# Need help making a website.



## Shaneuk (Jun 23, 2010)

Can anyone give me any links to tutorials on how to make a website similar to this one?

MRWILSON | Great & American

I have loads of free time to make it as I have just left school, I now want to start doing some freelance work, which means I will have to have a online portfolio. 

Any help is greatly appreciated.


----------



## Shaneuk (Jun 23, 2010)

Or similar to this one: danmilner.com > home


----------



## pmsnel (Jun 23, 2010)

Maybe you can find a student who might do it for free, to practice and build a portfolio?


----------



## Shaneuk (Jun 23, 2010)

I may do that, If I give up myself, but I like to do things for myself.


----------



## pmsnel (Jun 23, 2010)

I know the feeling! But also lack any talent for HTML and such myself!
You have to know your strengths and weaknesses.


----------



## haylicopter (Jul 5, 2010)

Heya!

As mentioned in my poll about which CMS people use, I am working on a guide on how to create a professional looking portfolio with Joomla (an open source CMS). 

What are your skills? How much do you know about HTML? About building websites? Uploading stuff via FTP? Handling/installing a content management system?

I would say it is not very hard to build a good looking website with a CMS and an apropriate template (there are many free ones, the pro looking ones cost about 30 to 50 bucks) but I have been working as a (web) developer for about 10 years or so, so I don't really know how it is for somebody unfamiliar with web design etc.

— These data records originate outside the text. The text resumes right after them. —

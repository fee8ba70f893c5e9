-- ===== src/Shell/Typing.antt =====
-- Whole runs of `read_cmd`.
use frostbite.Base.{
  ℕ, zero, suc, ◌+◌, ◌≤◌, ◌<◌, ◌≡◌, refl, sym, ap, ◌∙◌, inl, inr, Bool, true, false, not, ◌&&◌,
  ◌||◌, List, [], ◌∷◌, arith, ◌==◌, if◌then◌else◌, ltb, leb, length, if_elim, and_right, Bool-cases,
}
use frostbite.Keyboard.Capture.{ascii_ctrl_c, ascii_ctrl_z}
use frostbite.Shell.{
  read_cmd, new_editor, ascii_delete, ascii_escape, Key, Editor, max_cmd_buf_size, flush, enter_key,
  read_keys,
}
use frostbite.Shell.Line.{
  text, length-text, backspace, type_on, go, go_left, go_right, escaped, escaped_with, idle, Line,
  Pending, line, type_key, type_keys, interrupt,
}
use frostbite.Text.Str.{char_at, str_at, str_at-start, no_nul, fill}
use frostbite.Text.{to_upper}
use frostbite.Shell.Edit.{past_text}
use frostbite.Shell.Keys.{Shows}
use frostbite.Shell.Sequence.{edit_key-Shows}

-- No key is a NUL.
abbrev pub real_keys : List Key → Bool
real_keys [] = true
real_keys (k ∷ ks) = not (k.ch == 0) && real_keys ks

abbrev pub size : Line → ℕ
size l = length l.before + length l.after

flush-Shows :
    (e : Editor) (b a : List ℕ) (p : Pending)
    → Shows e (line b a p)
    → Shows (flush e) (line [] [] p)
unfolding flush fill text to_upper
flush-Shows e b a p s = record {
  held = record {
    chars = λ j. elim (Bool-cases (leb 0 j && ltb j (0 + e.buf_size))) [
      | inl inside ↦ rw inside refl
      | inr out ↦ rw out (s.held.chars j ∙ past_text b a j (ground (arith, s.held.full)))
    ];
    upper = λ j. elim (Bool-cases (leb 0 j && ltb j (0 + e.buf_size))) [
      | inl inside ↦ rw inside to_upper-nul
      | inr out ↦ rw out (s.held.upper j)
    ];
    at_cursor = refl;
    full = refl;
    real = refl;
  };
  typed = s.typed;
}
  where
    to_upper-nul : 0 ≡ to_upper 0
    to_upper-nul = refl

interrupt-Shows :
    (i : Bool) (e : Editor) (l : Line)
    → Shows e l
    → Shows (if i then flush e else e) (interrupt i l)
interrupt-Shows true e l s = flush-Shows e l.before l.after l.pending s
interrupt-Shows false e l s = s

interrupt-size : (i : Bool) (l : Line) → size (interrupt i l) ≤ size l
interrupt-size true l = omega arith
interrupt-size false l = omega arith

enter_key-Shows : (e : Editor) (l : Line) → Shows e l → Shows (enter_key e) l
unfolding enter_key
enter_key-Shows e l s = record { held = s.held; typed = s.typed }

backspace-size : (b a : List ℕ) → size (backspace b a) ≤ length b + length a + 1
backspace-size [] a = omega arith
backspace-size (c ∷ b) a = omega arith

go-size : (ch : ℕ) (b a : List ℕ) → size (go ch b a) ≤ length b + length a + 1
go-size ch b a =
    if_elim (λ r. size r ≤ length b + length a + 1) (ch == b'C') _ _ (λ _. right b a)
      (λ _.
        if_elim (λ r. size r ≤ length b + length a + 1) (ch == b'D') _ _ (λ _. left b a)
          (λ _. omega arith))
  where
    right : (b a : List ℕ) → size (go_right b a) ≤ length b + length a + 1
    right b [] = omega arith
    right b (c ∷ a) = omega arith

    left : (b a : List ℕ) → size (go_left b a) ≤ length b + length a + 1
    left [] a = omega arith
    left (c ∷ b) a = omega arith

type_on-size :
    (ch : ℕ) (b a : List ℕ) (p : Pending) → size (type_on ch b a p) ≤ length b + length a + 1
type_on-size ch b a idle = omega arith
type_on-size ch b a escaped = omega arith
type_on-size ch b a (escaped_with c) =
    if_elim (λ r. size r ≤ length b + length a + 1) (c == b'[') _ _ (λ _. go-size ch b a)
      (λ _. omega arith)

-- A key adds a character at most.
type_key-size : (ch : ℕ) (l : Line) → size (type_key ch l) ≤ size l + 1
unfolding type_key
type_key-size ch l = elim (Bool-cases (ch == ascii_delete)) [
  | inl delete ↦ rw delete (backspace-size l.before l.after)
  | inr d ↦ elim (Bool-cases (ch == ascii_escape)) [
    | inl esc ↦ rw (d, esc) (omega arith)
    | inr n ↦ elim (Bool-cases (ch == ascii_ctrl_c || ch == ascii_ctrl_z)) [
      | inl ctrl ↦ rw (d, n, ctrl) (omega arith)
      | inr plain ↦ rw (d, n, plain) (type_on-size ch l.before l.after l.pending)
    ]
  ]
]

pub read_keys-Shows :
    (keys : List Key) (e : Editor) (l : Line)
    → real_keys keys ≡ true
    → size l + length keys < max_cmd_buf_size
    → Shows e l
    → ((read_keys keys e).0 ≡ (type_keys keys l).0)
      × Shows (read_keys keys e).1 (type_keys keys l).1
      × (size (type_keys keys l).1 < max_cmd_buf_size)
unfolding read_keys type_keys
read_keys-Shows [] e l real fits s = (refl, s, omega arith)
read_keys-Shows (k ∷ ks) e l real fits s =
    let shown = interrupt-Shows k.interrupted e l s in
    let less = interrupt-size k.interrupted l in
    let l0 = interrupt k.interrupted l in
    elim (Bool-cases (k.ch == 13)) [
      | inl enter ↦ rw enter (refl, enter_key-Shows _ _ shown, omega arith)
      | inr other ↦
          let room : (if k.interrupted then flush e else e).buf_size < max_cmd_buf_size =
            omega (arith, shown.held.full, fits) in
          let good : (k.ch == 0) ≡ false = ground arith in
          rw other (
            read_keys-Shows ks _ (type_key k.ch l0) (and_right _ _ real)
              (omega (arith, fits, type_key-size k.ch l0))
              (edit_key-Shows k.ch _ l0 good shown room))
    ]

abbrev pub upper_case : List ℕ → List ℕ
upper_case [] = []
upper_case (c ∷ cs) = to_upper c ∷ upper_case cs

pub char_at-upper_case : (t : List ℕ) (j : ℕ) → char_at (upper_case t) j ≡ to_upper (char_at t j)
unfolding to_upper
char_at-upper_case [] j = refl
char_at-upper_case (c ∷ cs) zero = refl
char_at-upper_case (c ∷ cs) (suc j) = char_at-upper_case cs j

pub no_nul-upper_case : (t : List ℕ) → no_nul t ≡ true → no_nul (upper_case t) ≡ true
unfolding to_upper
no_nul-upper_case [] h = refl
no_nul-upper_case (c ∷ cs) h = ground (arith, no_nul-upper_case cs)

pub length-upper_case : (t : List ℕ) → length (upper_case t) ≡ length t
length-upper_case [] = refl
length-upper_case (c ∷ cs) = ap suc (length-upper_case cs)

new_editor-Shows : Shows new_editor (line [] [] idle)
unfolding text to_upper
new_editor-Shows = record {
  held = record {
    chars = λ j. refl;
    upper = λ j. refl;
    at_cursor = refl;
    full = refl;
    real = refl;
  };
  typed = (refl, refl, refl);
}

-- For fewer than 1024 keys, none of them a NUL, `read_cmd` ends exactly if the keys end the line, and
-- then or while it waits for more keys: the string in the echo buffer is the text of the line that the
-- keys spell on a line with a cursor, the string in the command buffer is that text in upper case, and
-- its size and cursor are those of the line.
pub read_cmd-typed :
    (keys : List Key)
    → real_keys keys ≡ true
    → length keys < max_cmd_buf_size
    → (let e = (read_cmd keys).1 in
        let l = (type_keys keys (line [] [] idle)).1 in
        let spelled = text l.before l.after in
        ((read_cmd keys).0 ≡ (type_keys keys (line [] [] idle)).0)
        × (str_at max_cmd_buf_size e.echo_buf 0 ≡ spelled)
        × (str_at max_cmd_buf_size e.buf 0 ≡ upper_case spelled)
        × (e.buf_size ≡ length spelled)
        × (e.cursor ≡ length l.before))
unfolding read_cmd
read_cmd-typed keys real fits =
    let (done, shown, room) =
      read_keys-Shows keys new_editor (line [] [] idle) real (omega arith) new_editor-Shows in
    let e = (read_keys keys new_editor).1 in
    let l = (type_keys keys (line [] [] idle)).1 in
    let t = text l.before l.after in
    let h = shown.held in
    let short : length t < max_cmd_buf_size = rw (length-text l.before l.after) room in
    (
      done,
      str_at-start t max_cmd_buf_size e.echo_buf h.real h.chars short,
      str_at-start (upper_case t) max_cmd_buf_size e.buf (no_nul-upper_case t h.real)
          (λ j. h.upper j ∙ ap to_upper (h.chars j) ∙ sym (char_at-upper_case t j))
          (rw (length-upper_case t) short),
      rw (length-text l.before l.after) (h.full),
      h.at_cursor,
    )
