-- ===== src/Shell/Command/Given.antt =====
-- `get_cmd_info` on a command line that is spaces, a command, and the rest that a space begins.
use frostbite.Base.{
  ℕ, zero, suc, ◌+◌, ◌-◌, ◌≤◌, ◌<◌, ◌≡◌, refl, sym, ap, ◌∙◌, ◌⊎◌, inl, inr, Bool, true, false, not,
  ◌&&◌, none, some, List, [], ◌∷◌, ◌++◌, arith, ◌==◌, if◌then◌else◌, length, length-append,
  and_right, replicate, Bool-cases,
}
use frostbite.Text.Str.{
  char_at-past, char_at-append_before, char_at-replicate, length-replicate, str_at, char_at,
  char_at-append, no_nul, str_at-text,
}
use frostbite.Shell.Command.Words.{split_words-space, words, strings, At, At-poke, split_args-Reads}
use frostbite.Shell.Command.Parts.{ends, skip_spaces-run, find_end-run, find_ext-last}
use frostbite.Text.{poke, to_upper}
use frostbite.Shell.{max_cmd_buf_size}
use frostbite.Shell.Typing.{upper_case, char_at-upper_case, no_nul-upper_case, length-upper_case}
use frostbite.Shell.Command.{skip_spaces, find_end, find_ext, split_args, get_cmd_info}

-- A text without space and NUL.
abbrev pub solid : List ℕ → Bool
solid [] = true
solid (c ∷ cs) = not (ends c) && solid cs

-- The text is empty or begins with a space.
abbrev pub gap_first : List ℕ → Bool
gap_first [] = true
gap_first (c ∷ cs) = c == b' '

-- A line: spaces, a command, and what follows it.
abbrev pub command_line : ℕ → List ℕ → List ℕ → List ℕ
command_line k word rest = replicate k b' ' ++ (word ++ rest)

solid-char_at :
    (word : List ℕ) (j : ℕ)
    → solid word ≡ true
    → j < length word
    → ends (to_upper (char_at word j)) ≡ false
unfolding to_upper
solid-char_at [] j good lt = absurd (omega arith)
solid-char_at (c ∷ cs) zero good lt = ground arith
solid-char_at (c ∷ cs) (suc j) good lt = solid-char_at cs j (and_right _ _ good) (omega arith)

solid-no_nul : (word : List ℕ) → solid word ≡ true → no_nul word ≡ true
solid-no_nul [] good = refl
solid-no_nul (c ∷ cs) good = ground (arith, solid-no_nul cs)

gap_first-ends : (rest : List ℕ) → gap_first rest ≡ true → ends (to_upper (char_at rest 0)) ≡ true
unfolding to_upper
gap_first-ends [] gap = refl
gap_first-ends (c ∷ cs) gap = ground arith

char_at-line :
    (k : ℕ) (word rest : List ℕ) (j : ℕ)
    → char_at (command_line k word rest) (k + j) ≡ char_at (word ++ rest) j
char_at-line k word rest j =
    rw (length-replicate k b' ') at (char_at-append (replicate k b' ') (word ++ rest) j)

char_at-line_gap :
    (k : ℕ) (word rest : List ℕ) (j : ℕ) → j < k → char_at (command_line k word rest) j ≡ b' '
char_at-line_gap k word rest j lt =
    char_at-append_before (replicate k b' ') (word ++ rest) j (rw (length-replicate k b' ') lt)
    ∙ char_at-replicate k b' ' j lt

char_at-line_word :
    (k : ℕ) (word rest : List ℕ) (j : ℕ)
    → j < length word
    → char_at (command_line k word rest) (k + j) ≡ char_at word j
char_at-line_word k word rest j lt =
    char_at-line k word rest j ∙ char_at-append_before word rest j lt

char_at-line_rest :
    (k : ℕ) (word rest : List ℕ) (j : ℕ)
    → char_at (command_line k word rest) (k + length word + j) ≡ char_at rest j
char_at-line_rest k word rest j =
    let e : k + length word + j ≡ k + (length word + j) = omega arith in
    rw e (char_at-line k word rest (length word + j) ∙ char_at-append word rest j)

length-line :
    (k : ℕ) (word rest : List ℕ) → length (command_line k word rest) ≡ k + length word + length rest
length-line k word rest = omega (
  arith,
  length-append (replicate k b' ') (word ++ rest),
  length-append word rest,
  length-replicate k b' ',
)

to_upper-space : to_upper b' ' ≡ b' '
unfolding to_upper
to_upper-space = refl

to_upper-not_space : (c : ℕ) → (c == b' ') ≡ false → (to_upper c == b' ') ≡ false
unfolding to_upper
to_upper-not_space c h = ground arith

abbrev after_gap : List ℕ → List ℕ
after_gap [] = []
after_gap (c ∷ cs) = cs

after_gap-length : (rest : List ℕ) → length (after_gap rest) ≤ length rest
after_gap-length [] = omega arith
after_gap-length (c ∷ cs) = omega arith

after_gap-no_nul : (rest : List ℕ) → no_nul rest ≡ true → no_nul (after_gap rest) ≡ true
after_gap-no_nul [] h = refl
after_gap-no_nul (c ∷ cs) h = and_right _ _ h

after_gap-words : (rest : List ℕ) → gap_first rest ≡ true → words (after_gap rest) ≡ words rest
after_gap-words [] h = refl
after_gap-words (c ∷ cs) h = rw (split_words-space c cs h) refl

-- The result of the search is an extension, or it is the start and there is no dot.
ext_cases :
    (cmd : ℕ → ℕ) (e k hi : ℕ)
    → e ≤ hi
    → ((j : ℕ) → e ≤ j → j < hi → (cmd j == b'.') ≡ false)
    → (e ≡ k) ⊎ ((cmd (e - 1) ≡ b'.') × (k < e))
    → (((if e == k then none else some e) ≡ none)
        × ((j : ℕ) → k ≤ j → j < hi → (cmd j == b'.') ≡ false))
      ⊎ ((x : ℕ) × ((if e == k then none else some e) ≡ some x)
          × (cmd (x - 1) ≡ b'.')
          × (k < x)
          × (x ≤ hi)
          × ((j : ℕ) → x ≤ j → j < hi → (cmd j == b'.') ≡ false))
ext_cases cmd e k hi le clear (inl eq) =
    let same : (e == k) ≡ true = ground arith in
    rw same (inl (refl, λ j a b. clear j (omega arith) b))
ext_cases cmd e k hi le clear (inr (dot, lt)) =
    let other : (e == k) ≡ false = ground arith in rw other (inr (e, refl, dot, lt, le, clear))

-- The two buffers hold a command line, the one of the command in upper case.
pub record Given (cmd echo : ℕ → ℕ) (k : ℕ) (word rest : List ℕ) : Type 0 where
  pub typed : (j : ℕ) → echo j ≡ char_at (command_line k word rest) j
  pub upper : (j : ℕ) → cmd j ≡ to_upper (char_at (command_line k word rest) j)
  pub whole : solid word ≡ true
  pub gap : gap_first rest ≡ true
  pub real : no_nul rest ≡ true
  pub begins : (char_at (word ++ rest) 0 == b' ') ≡ false
  pub fits : length (command_line k word rest) < max_cmd_buf_size

module _ {cmd echo : ℕ → ℕ} {k : ℕ} {word rest : List ℕ} (g : Given cmd echo k word rest) where
  command_start : skip_spaces max_cmd_buf_size cmd 0 ≡ k
  command_start =
      let here : 0 + k ≡ k = omega arith in
      let nul : k + 0 ≡ k = omega arith in
      let first : char_at (command_line k word rest) k ≡ char_at (word ++ rest) 0 =
        rw (nul) at (char_at-line k word rest 0) in
      skip_spaces-run k max_cmd_buf_size cmd 0
        (λ j lt.
          let e : 0 + j ≡ j = omega arith in
          rw e (g.upper j ∙ ap to_upper (char_at-line_gap k word rest j lt) ∙ to_upper-space))
        (rw (here, g.upper k, first) (to_upper-not_space (char_at (word ++ rest) 0) g.begins))
        (omega (arith, g.fits, length-line k word rest))
      ∙ here

  command_end : find_end max_cmd_buf_size cmd k ≡ k + length word
  command_end =
      let nul : k + length word + 0 ≡ k + length word = omega arith in
      find_end-run (length word) max_cmd_buf_size cmd k
        (λ j lt.
          rw (g.upper (k + j), char_at-line_word k word rest j lt)
            (solid-char_at word j g.whole lt))
        (rw (g.upper (k + length word), rw (nul) at (char_at-line_rest k word rest 0))
          (gap_first-ends rest g.gap))
        (omega (arith, g.fits, length-line k word rest))

  -- The command, with the NUL that is put behind it.
  command_text : str_at max_cmd_buf_size (poke (k + length word) 0 cmd) k ≡ upper_case word
  unfolding poke
  command_text =
      let len = length-upper_case word in
      str_at-text (upper_case word) max_cmd_buf_size (poke (k + length word) 0 cmd) k
        (no_nul-upper_case word (solid-no_nul word g.whole))
        (λ j le. elim (Bool-cases (k + j == k + length word)) [
          | inl e ↦ rw e (sym (char_at-past (upper_case word) j (ground (arith, len))))
          | inr ne ↦
              rw (ne, g.upper (k + j), char_at-line_word k word rest j (ground (arith, len)))
                (sym (char_at-upper_case word j))
        ])
        (omega (arith, len, g.fits, length-line k word rest))

  arguments-At : At (poke (k + length word) 0 echo) (k + length word + 1) (after_gap rest)
  arguments-At = At-poke echo (k + length word) 0 (after_gap rest) (λ j le.
      let e : k + length word + 1 + j ≡ k + length word + (1 + j) = omega arith in
      rw e (
        g.typed (k + length word + (1 + j)) ∙ char_at-line_rest k word rest (1 + j) ∙ later rest j))
    where
      later : (ys : List ℕ) (j : ℕ) → char_at ys (1 + j) ≡ char_at (after_gap ys) j
      later [] j = refl
      later (c ∷ cs) j = let e : 1 + j ≡ suc j = omega arith in rw e refl

  arguments_text :
      (let r =
          split_args max_cmd_buf_size (poke (k + length word) 0 echo) (k + length word + 1) false in
        strings max_cmd_buf_size r.0 r.1 ≡ words rest)
  arguments_text =
      let short : length (after_gap rest) < max_cmd_buf_size =
        omega (arith, after_gap-length rest, g.fits, length-line k word rest) in
      split_args-Reads (after_gap rest) max_cmd_buf_size max_cmd_buf_size
        (poke (k + length word) 0 echo) (k + length word + 1) false (after_gap-no_nul rest g.real)
        arguments-At short short
      ∙ after_gap-words rest g.gap

  -- On a line of at most 1023 characters that is `k` spaces, a command without a space, and nothing or a
  -- space and more, `get_cmd_info` finds the command behind the spaces; as strings, what it leaves in
  -- the command buffer is the command, and the arguments are the words of the rest, in their order. The
  -- extension begins behind the last dot of the command, and there is none if the command has no dot.
  pub get_cmd_info-words :
      let r = get_cmd_info cmd echo in
      (r.cmd_pos ≡ k)
      × (str_at max_cmd_buf_size r.cmd k ≡ upper_case word)
      × (strings max_cmd_buf_size r.echo r.echo_args ≡ words rest)
      × (((r.ext ≡ none) × ((j : ℕ) → k ≤ j → j < k + length word → (r.cmd j == b'.') ≡ false))
          ⊎ ((e : ℕ) × (r.ext ≡ some e)
              × (r.cmd (e - 1) ≡ b'.')
              × (k < e)
              × (e ≤ k + length word)
              × ((j : ℕ) → e ≤ j → j < k + length word → (r.cmd j == b'.') ≡ false)))
  unfolding get_cmd_info
  get_cmd_info-words =
      let e = find_ext (poke (k + length word) 0 cmd) k (k + length word) in
      let (lo, hi, clear, end) =
        find_ext-last (k + length word) (poke (k + length word) 0 cmd) k (omega arith) in
      rw (command_start, command_end)
        (
          refl,
          command_text,
          arguments_text,
          ext_cases (poke (k + length word) 0 cmd) e k (k + length word) hi clear end,
        )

Tell me more about your knowledge and I'll try to help you.

Cheers


----------



## Scorehound (Jul 6, 2010)

I am a somewhat amateur web designer and for my own portfolio I ended up signing up with Zenfolio just a few days ago. I needed an easy way to display my image galleries without intense programming of every single image display.


----------



## MyWebsiteAdviser (Jul 21, 2010)

I can recommend you to use Wordpress or Gallery open source platform and design your template as you wish. The good thing about these two platform is that search engines loves them


----------



## RegRoy (Jul 23, 2010)

But like anything else in life, you get what you pay for.   I encourage you to try to build your own site as you will learn a TON.  But if you want a professional site, hire a professional.


----------